White House published the information about AI which requests mentions about 'the most important research gaps in AI that must be addressed to advance this field and benefit the public'.
What are these exactly?
One way of illustrating the deficiencies of many of our current approaches at once is to consider how well it is possible to represent (equivalently, learn) commonsense knowledge.
In this area, the Winograd Schema Challenge has been proposed by Levesque, in which each problem is given as input natural language text containing an ambiguous pronoun:
Babar wonders how he can get new clothing. Luckily, a very rich old man who has always been fond of little elephants understands right away that he is longing for a fine suit.
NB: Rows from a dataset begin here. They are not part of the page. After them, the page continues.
-- ===== src/Shm/Ring/Queue.antt =====
-- The ring of ring.rs against its specification, a bounded queue of bytes: single calls and runs.
use mathlib.Core.Path.{subst}
use ratatosk.Prelude.{
  ℕ, zero, suc, ◌+◌, ◌-◌, ◌^◌, ◌≤◌, ◌≡◌, ◌≢◌, refl, sym, ap, ◌∙◌, List, [], ◌∷◌, ◌++◌, false,
  if◌then◌else◌, ltb, ◌==◌, arith, length, append-nil, take, drop, min, length-append, ℕ_discrete,
}
use ratatosk.Shm.Ring.{
  wrapping_add, wrapping_sub, Checked, ok, corrupt, RingView, capacity, mask, Producer, Consumer,
  used, available, store_bytes, load_bytes, push, pop,
}
use ratatosk.Shm.Ring.Window.{length-window}
use ratatosk.Shm.Ring.Refine.{
  IsRing, contents, filled, pushed-IsRing, pushed_contents, popped-IsRing, popped_contents,
}

-- The specification. A queue of at most `cap` bytes takes what fits and gives what is asked for.
abbrev pub accepted : ℕ → List ℕ → List ℕ → ℕ
accepted cap q src = min (cap - length q) (length src)

abbrev pub enqueue : ℕ → List ℕ → List ℕ → List ℕ
enqueue cap q src = q ++ take (accepted cap q src) src

-- The call returns how much it took, and the ring is one that holds the new queue.
abbrev pub Pushes : ℕ → Consumer → List ℕ → List ℕ → Checked ℕ × Producer × RingView → Type 0
Pushes k c q src (o, p, v) =
    (o ≡ ok (accepted (2 ^ k) q src)) × IsRing k p c v × (contents p c v ≡ enqueue (2 ^ k) q src)

abbrev pub Pops : ℕ → Producer → List ℕ → ℕ → Checked (List ℕ) × Consumer × RingView → Type 0
Pops k p q room (o, c, v) = (o ≡ ok (take room q)) × IsRing k p c v × (contents p c v ≡ drop room q)

ltb-false : (a b : ℕ) → b ≤ a → ltb a b ≡ false
ltb-false a b h = ground arith

pub used_within :
    (p : Producer) (v : RingView) (h : ℕ)
    → wrapping_sub p.tail h ≤ capacity v
    → used p v h ≡ ok (wrapping_sub p.tail h)
unfolding used
used_within p v h le =
    ap (λ b. if b then corrupt else ok (wrapping_sub p.tail h))
      (ltb-false (capacity v) (wrapping_sub p.tail h) le)

pub available_within :
    (c : Consumer) (v : RingView) (t : ℕ)
    → wrapping_sub t c.head ≤ capacity v
    → available c v t ≡ ok (wrapping_sub t c.head)
unfolding available
available_within c v t le =
    ap (λ b. if b then corrupt else ok (wrapping_sub t c.head))
      (ltb-false (capacity v) (wrapping_sub t c.head) le)

-- The branches of the two calls behind their guard.
abbrev pub push_branch : Producer → RingView → List ℕ → ℕ → Checked ℕ × Producer × RingView
push_branch p v src n = if n == 0 then (ok 0, p, v) else (
  ok n,
  record { tail = wrapping_add p.tail n },
  record v { bytes = store_bytes (mask v) p.tail 0 n src v.bytes; tail = wrapping_add p.tail n },
)

pub push_ok :
    (p : Producer) (v : RingView) (src : List ℕ) (u : ℕ)
    → used p v v.head ≡ ok u
    → push p v src ≡ push_branch p v src (min (capacity v - u) (length src))
unfolding push store_bytes
push_ok p v src u e = rw (e, push) refl

abbrev pub pop_branch : Consumer → RingView → ℕ → Checked (List ℕ) × Consumer × RingView
pop_branch c v n = if n == 0 then (ok [], c, v) else (
  ok (load_bytes (mask v) c.head 0 n v.bytes),
  record { head = wrapping_add c.head n },
  record v { head = wrapping_add c.head n },
)

pub pop_ok :
    (c : Consumer) (v : RingView) (room a : ℕ)
    → available c v v.tail ≡ ok a
    → pop c v room ≡ pop_branch c v (min a room)
unfolding pop load_bytes
pop_ok c v room a e = rw (e, pop) refl

pub if_zero : {A : Type 0} (n : ℕ) (x y : A) → n ≡ 0 → (if n == 0 then x else y) ≡ x
if_zero n x y e = ground arith

pub if_pos : {A : Type 0} (n : ℕ) (x y : A) → n ≢ 0 → (if n == 0 then x else y) ≡ y
if_pos n x y e = ground arith

-- The first part of a list is what `take` gives, as long as it is all that was asked for or all there is.
take_front :
    (room : ℕ) (a b : List ℕ) → length a ≡ min (length a + length b) room → take room (a ++ b) ≡ a
take_front zero [] b e = refl
take_front (suc room) [] [] e = refl
take_front (suc room) [] (y ∷ b) e = absurd (omega arith)
take_front zero (x ∷ a) b e = absurd (omega arith)
take_front (suc room) (x ∷ a) b e = ap (λ t. x ∷ t) (take_front room a b (omega arith))

drop_front :
    (room : ℕ) (a b : List ℕ) → length a ≡ min (length a + length b) room → drop room (a ++ b) ≡ b
drop_front zero [] b e = refl
drop_front (suc room) [] [] e = refl
drop_front (suc room) [] (y ∷ b) e = absurd (omega arith)
drop_front zero (x ∷ a) b e = absurd (omega arith)
drop_front (suc room) (x ∷ a) b e = drop_front room a b (omega arith)

pub length-load_bytes : (m h i n : ℕ) (bytes : List ℕ) → length (load_bytes m h i n bytes) ≡ n
unfolding load_bytes
length-load_bytes m h i zero bytes = refl
length-load_bytes m h i (suc n) bytes = ap suc (length-load_bytes m h (i + 1) n bytes)

module _ {k : ℕ} {p : Producer} {c : Consumer} {v : RingView} (r : IsRing k p c v) where
  used_lem : used p v v.head ≡ ok (filled p c)
  used_lem =
      ap (used p v) r.head_published ∙ used_within p v c.head (omega (arith, r.fits, r.storage))

  available_lem : available c v v.tail ≡ ok (filled p c)
  available_lem =
      ap (available c v) r.tail_published
      ∙ available_within c v p.tail (omega (arith, r.fits, r.storage))

  length-contents : length (contents p c v) ≡ filled p c
  length-contents = length-window (capacity v) v.bytes c.head (filled p c)

  pushed :
      (src : List ℕ) (n : ℕ)
      → n ≡ accepted (2 ^ k) (contents p c v) src
      → Pushes k c (contents p c v) src (push_branch p v src n)
  pushed src n e = elim (ℕ_discrete n 0) [
    | yes z ↦ subst (Pushes k c (contents p c v) src) (sym (if_zero n _ _ z)) (
      ap ok (sym z ∙ e),
      r,
      sym (append-nil (contents p c v)) ∙ ap (λ m. contents p c v ++ take m src) (sym z ∙ e),
    )
    | no nz ↦ subst (Pushes k c (contents p c v) src) (sym (if_pos n _ _ nz)) (
      ap ok e,
      pushed-IsRing r n src (omega arith) (omega (arith, length-contents, r.fits)),
      pushed_contents r n src (omega arith) (omega (arith, length-contents, r.fits))
          ∙ ap (λ m. contents p c v ++ take m src) e,
    )
  ]

  -- A push to an uncorrupted ring takes as many bytes as fit, in order, behind those that wait,
  -- returns their number and leaves an uncorrupted ring.
  pub push-enqueue : (src : List ℕ) → Pushes k c (contents p c v) src (push p v src)
  push-enqueue src =
      subst (Pushes k c (contents p c v) src) (sym (push_ok p v src (filled p c) used_lem))
        (pushed src _ (omega (arith, length-contents, r.storage)))

  -- What stands in the ring, when `n` bytes of it are taken off.
  taken : (n : ℕ) → List ℕ
  taken n = load_bytes (mask v) c.head 0 n v.bytes

  left : (n : ℕ) → List ℕ
  left n =
      contents p (record { head = wrapping_add c.head n })
        (record v { head = wrapping_add c.head n })

  taken_lem :
      (room n : ℕ)
      → n ≡ min (filled p c) room
      → length (taken n) ≡ min (length (taken n) + length (left n)) room
  unfolding taken left
  taken_lem room n e = omega (
    arith,
    length-load_bytes (mask v) c.head 0 n v.bytes,
    length-append (taken n) (left n),
    ap length (popped_contents r n (omega arith)),
    length-contents,
  )

  popped :
      (room n : ℕ) → n ≡ min (filled p c) room → Pops k p (contents p c v) room (pop_branch c v n)
  unfolding taken left
  popped room n e = elim (ℕ_discrete n 0) [
    | yes z ↦ subst (Pops k p (contents p c v) room) (sym (if_zero n _ _ z)) (
      ap ok (sym (take_front room [] (contents p c v) (omega (arith, length-contents)))),
      r,
      sym (drop_front room [] (contents p c v) (omega (arith, length-contents))),
    )
    | no nz ↦ subst (Pops k p (contents p c v) room) (sym (if_pos n _ _ nz)) (
      ap ok (
          sym (take_front room (taken n) (left n) (taken_lem room n e))
          ∙ ap (take room) (popped_contents r n (omega arith))),
      popped-IsRing r n (omega arith),
      sym (drop_front room (taken n) (left n) (taken_lem room n e))
          ∙ ap (drop room) (popped_contents r n (omega arith)),
    )
  ]

  -- A pop from an uncorrupted ring gives the oldest bytes in order, as many as wait and the caller has
  -- room for, and leaves an uncorrupted ring that holds the others.
  pub pop-dequeue : (room : ℕ) → Pops k p (contents p c v) room (pop c v room)
  pop-dequeue room =
      subst (Pops k p (contents p c v) room) (sym (pop_ok c v room (filled p c) available_lem))
        (popped room _ refl)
Here, the program is asked to decide if 'he' in "he is longing for a fine suit" refers to Babar or the old man. Several thousand such questions have been collated and proposed as a more quantifiable alternative to the Turing test.
Despite the fact that the input domain is natural language, success here is undeniably a pre-requisite for AGI and (as implied in my answer here) for being able to interact ethically with the human world.
According to IBM Research organization in the response to White House as part of preparing for the future of Artificial Intelligence, AI depends upon many long-term advances, not only from AI researchers, but from many interdisciplinary teams of experts from many disciplines, including the following challenges:
Machine learning and reasoning.
Currently AI systems use supervised learning using huge amount of dataset of labeled data for training. This is very different to how humans learn by creating concepts, relationship, common sense reasoning which gives ability to learn much without too much data. Therefore machine learning with common-sense reasoning capabilities should be researched further more.
Current AI-based systems have very limited ability for making decisions, therefore new techniques must be developed (e.g. modeling systemic risks, analyzing tradeoffs, detecting anomalies in context, analyzing data while preserving privacy).
Domain-specific AI systems.
The current AI-based system is lack of abilities to understand the variety of domains of human expertise (such as medicine, engineering, law and many more). The systems should be able to perform professional-level tasks such as designing problems, experiments, managing contradictions, negotiating, etc.
Data assurance and trust.
The current AI-based systems require huge amounts of data and their behaviour directly depends on the quality of this data which can be biased, incomplete or compromised. This can be expensive and time consuming especially where it is used for safety critical systems which potentially can be very dangerous.
Radically efficient computing infrastructure.
The current AI-based systems require unprecedented workloads and computing power which require development of new computing architectures (such as neuromorphic).
Interpretability and explanations.
For people to follow AI suggestions, they need to trust systems, and this is only when they are capable of knowing users' intents, priorities, reasoning and they can learn from their mistakes. These capabilities are required in many business domains and professionals
Value alignment and ethics.
Humans can share the common knowledge of how the world function, the machine cannot. They can fail by having unintended and unexpected behaviour only because humans did not specify the right goals for them or them omitted essential training details. The systems should be able to correct specification of the goals and avoid unintended and undesired consequences in the behaviour.
The AI-based systems should be able to work closely to humans in their professional and personal life, therefore they should have significant social capabilities, because they can impact on our emotions and our decision making capabilities. Also sophisticated natural language capabilities will need to be developed to allow a natural interaction and dialog between humans and machines.